30. What comes out of a DNA test, as the main product, is the paternity of the child, which is subjected to a test. Incidentally, the adulterous conduct of the wife also stands established, as a by-product, through the very same process. To say that the wife should allow the child to undergo the DNA test, to enable the husband to have the benefit of both the product and the byproduct or in the alternative the wife should allow the husband to have the benefit of the by-product by invoking Section 114, if she chooses not to subject the child to DNA test, is really to leave the choice between the devil and the deep sea to the wife.
31. In fact, in cases of this nature the Court must bear in mind that Section 114 uses only the word “may” and not the word “shall”. Therefore, the constraints articulated in the exposition to Illustration (h) under Section 114 may dissuade the Court not to presume at all.
32. Hence, we reject the contention of the respondent that what is sought to be invoked is only Section 114(h) and not Section 112.
Whose rights, are to tilt the balance in the scales of justice?
33. As rightly contended by Shri Huzefa Ahmadi, learned senior counsel for the appellant, the question as to whether a DNA test should be permitted on the child, is to be analysed through the prism of the child and not through the prism of the parents. The child cannot be used as a pawn to show that the mother of the child was living in adultery. It is always open to the respondenthusband to prove by other evidence, the adulterous conduct of the wife, but the child’s right to identity should not be allowed to be sacrificed.

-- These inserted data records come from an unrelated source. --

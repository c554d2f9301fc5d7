-- ===== src/Refine/Operands.antt =====
-- The operands of the instruction that enters EX are the registers after those before it.
use cpu_sim.Base.{
  ℕ, ◌<◌, ◌≡◌, ◌≢◌, ◌⊎◌, inl, inr, ◌∙◌, arith, true, false, not, ◌&&◌, some, if◌then◌else◌, ◌==◌,
  get_or-set, shr,
}
use cpu_sim.Base.Bits.{bit_and_mask}
use cpu_sim.Isa.Encoding
use cpu_sim.Isa.Decoder.{decode, decode_op_imm}
use cpu_sim.Memory.Interface.{IMemory}
use cpu_sim.RegFile.{RegFile, num_regs, read, write}
use cpu_sim.Pipeline.Regs.{ExMem, MemWb}
use cpu_sim.Pipeline.Execute.{executed}
use cpu_sim.Pipeline.Forward.{resolve}
use cpu_sim.Pipeline.Writeback.{has_writeback}
use cpu_sim.Arch.{Arch, halts}
use cpu_sim.Pipeline.Hazard.{is_load}
use cpu_sim.Pipeline.MemAccess.{access}
use cpu_sim.Refine.Latched.{Latched, committed}
use cpu_sim.Refine.Claims.{IsShaped, plain}
use cpu_sim.Refine.Step.{moved, handed, access-result, decode-silent}

decode-rd : (w pc : ℕ) → ((decode w pc).rd ≡ Encoding.rd w) ⊎ ((decode w pc).rd ≡ 0)
unfolding decode decode_op_imm
decode-rd w pc = ground arith

pub decode-rd_lt : (w pc : ℕ) → (decode w pc).rd < num_regs
unfolding Encoding.rd
decode-rd_lt w pc = elim (decode-rd w pc) [
  | inl e ↦ omega (arith, e, bit_and_mask 5 (shr w 7))
  | inr e ↦ omega arith
]

read-write_shaped :
    {rf : RegFile} (rd v reg : ℕ)
    → IsShaped rf
    → rd < num_regs
    → read (write rf rd v) reg ≡ (if (rd == reg) && not (reg == 0) then v else read rf reg)
unfolding read write
read-write_shaped {rf} rd v reg h b =
    ground (arith, get_or-set rf.regs rd reg v 0, h.size, h.zero_reg)

-- The register file with a result written, if there is one.
unfoldable pub retired : MemWb → RegFile → RegFile
retired wb rf = if wb.valid && has_writeback wb.op then write rf wb.rd wb.wb_val else rf

pub read-retired :
    (wb : MemWb) (rf : RegFile) (reg : ℕ)
    → IsShaped rf
    → wb.rd < num_regs
    → (wb.valid ≡ true → has_writeback wb.op ≡ false → wb.rd ≡ 0)
    → read (retired wb rf) reg
      ≡ (if wb.valid && (wb.rd == reg) && not (reg == 0) then wb.wb_val else read rf reg)
unfolding retired
read-retired wb rf reg h b s = ground (arith, read-write_shaped wb.rd wb.wb_val reg h b, s)

pub committed-retired : {I D : IMemory} (l : Latched I D) → committed I D l ≡ retired l.wb l.rf
unfolding committed retired
committed-retired l = ground arith

-- Forwarding, over the register file that the results in WB and behind it have not reached.
pub resolve-retired :
    (rf : RegFile) (prev wb : MemWb) (ex : ExMem) (reg : ℕ)
    → IsShaped rf
    → IsShaped (retired prev rf)
    → prev.rd < num_regs
    → wb.rd < num_regs
    → (prev.valid ≡ true → has_writeback prev.op ≡ false → prev.rd ≡ 0)
    → (wb.valid ≡ true → has_writeback wb.op ≡ false → wb.rd ≡ 0)
    → resolve (record { prev_mem_wb = prev; prev_mem_wb_next = prev }) ex wb reg (read rf reg) ≡ (
        if ex.valid && (ex.rd == reg) && not (reg == 0)
        then ex.alu_out
        else read (retired wb (retired prev rf)) reg)
unfolding resolve
resolve-retired rf prev wb ex reg h k bp bw sp sw = ground (
  arith,
  read-retired prev rf reg h bp sp,
  read-retired wb (retired prev rf) reg k bw sw,
  h.zero_reg,
)

module _ (S : IMemory) where
  read-moved :
      (s : Arch S) (raw reg : ℕ) (wb : MemWb) (m : S.State)
      → IsShaped s.rf
      → halts (decode raw s.pc).op ≡ false
      → read (moved S s raw (wb, m)).rf reg ≡ (
          if has_writeback (decode raw s.pc).op && ((decode raw s.pc).rd == reg) && not (reg == 0)
          then wb.wb_val
          else read s.rf reg)
  unfolding moved
  read-moved s raw reg wb m h n =
      ground (arith, read-write_shaped (decode raw s.pc).rd wb.wb_val reg h (decode-rd_lt raw s.pc))

  -- With an instruction in EX that is not a load of the register.
  pub operand-behind :
      (rf : RegFile) (prev wb : MemWb) (t : Arch S) (raw reg : ℕ) {wb2 : MemWb} {m2 : S.State}
      → IsShaped rf
      → IsShaped (retired prev rf)
      → IsShaped t.rf
      → prev.rd < num_regs
      → wb.rd < num_regs
      → (prev.valid ≡ true → has_writeback prev.op ≡ false → prev.rd ≡ 0)
      → (wb.valid ≡ true → has_writeback wb.op ≡ false → wb.rd ≡ 0)
      → retired wb (retired prev rf) ≡ t.rf
      → halts (decode raw t.pc).op ≡ false
      → access S (decode raw t.pc).op (handed S t raw) t.mem ≡ some (wb2, m2)
      → (is_load (decode raw t.pc).op ≡ true
          → (decode raw t.pc).rd ≢ 0
          → reg ≢ (decode raw t.pc).rd)
      → resolve
          (record { prev_mem_wb = prev; prev_mem_wb_next = prev })
          (handed S t raw)
          wb
          reg
          (read rf reg)
        ≡ read (moved S t raw (wb2, m2)).rf reg
  unfolding executed plain
  operand-behind rf prev wb t raw reg {wb2} {m2} h k ht bp bw sp sw e n a free =
      let op = (decode raw t.pc).op in
      resolve-retired rf prev wb (handed S t raw) reg h k bp bw sp sw
      ∙ ground (
        arith,
        e,
        read-moved t raw reg wb2 m2 ht n,
        access-result S op (handed S t raw) t.mem a,
        decode-silent raw t.pc n,
        free,
      )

34. It is contended by Mr. Kapil Sibal, learned senior counsel for the respondent that after all the endeavour of every Court should be to find the truth and that every party to a litigation is entitled to produce the best evidence. Enabling the party to produce the best of evidence, is part and parcel of right to fair trial. Therefore, it is contended by learned senior counsel that the refusal to subject the child to DNA test would infringe upon the respondent’s right to fair trial. To buttress the contention that the right to privacy of an individual must yield to the right to fair trial of another, reliance is placed upon the decision of this Court in Sahara India Real Estate Corporation Limited & Ors. vs. Securities and Exchange Board of India & Anr.4.
35. Attractive as it may seem at first blush, the said argument does not carry any legal weight. The lis in these cases is between the parties to a marriage. The lis is not between one of the parties to the marriage and the child whose paternity is questioned. To enable one of the parties to the marriage to have the benefit of fair trial, the Court cannot sacrifice the rights and best interests of a third party to the lis, namely, the child.
36. Therefore, I concur wholeheartedly with my learned sister that the Family Court as well as the High Court were wrong in allowing the application of the respondent for subjecting the child to DNA test. Therefore, the appeal deserves to be allowed and accordingly it is allowed. However, this shall not preclude the respondent-husband from leading any other evidence to establish the allegations made by him against the appellant in the petition for divorce.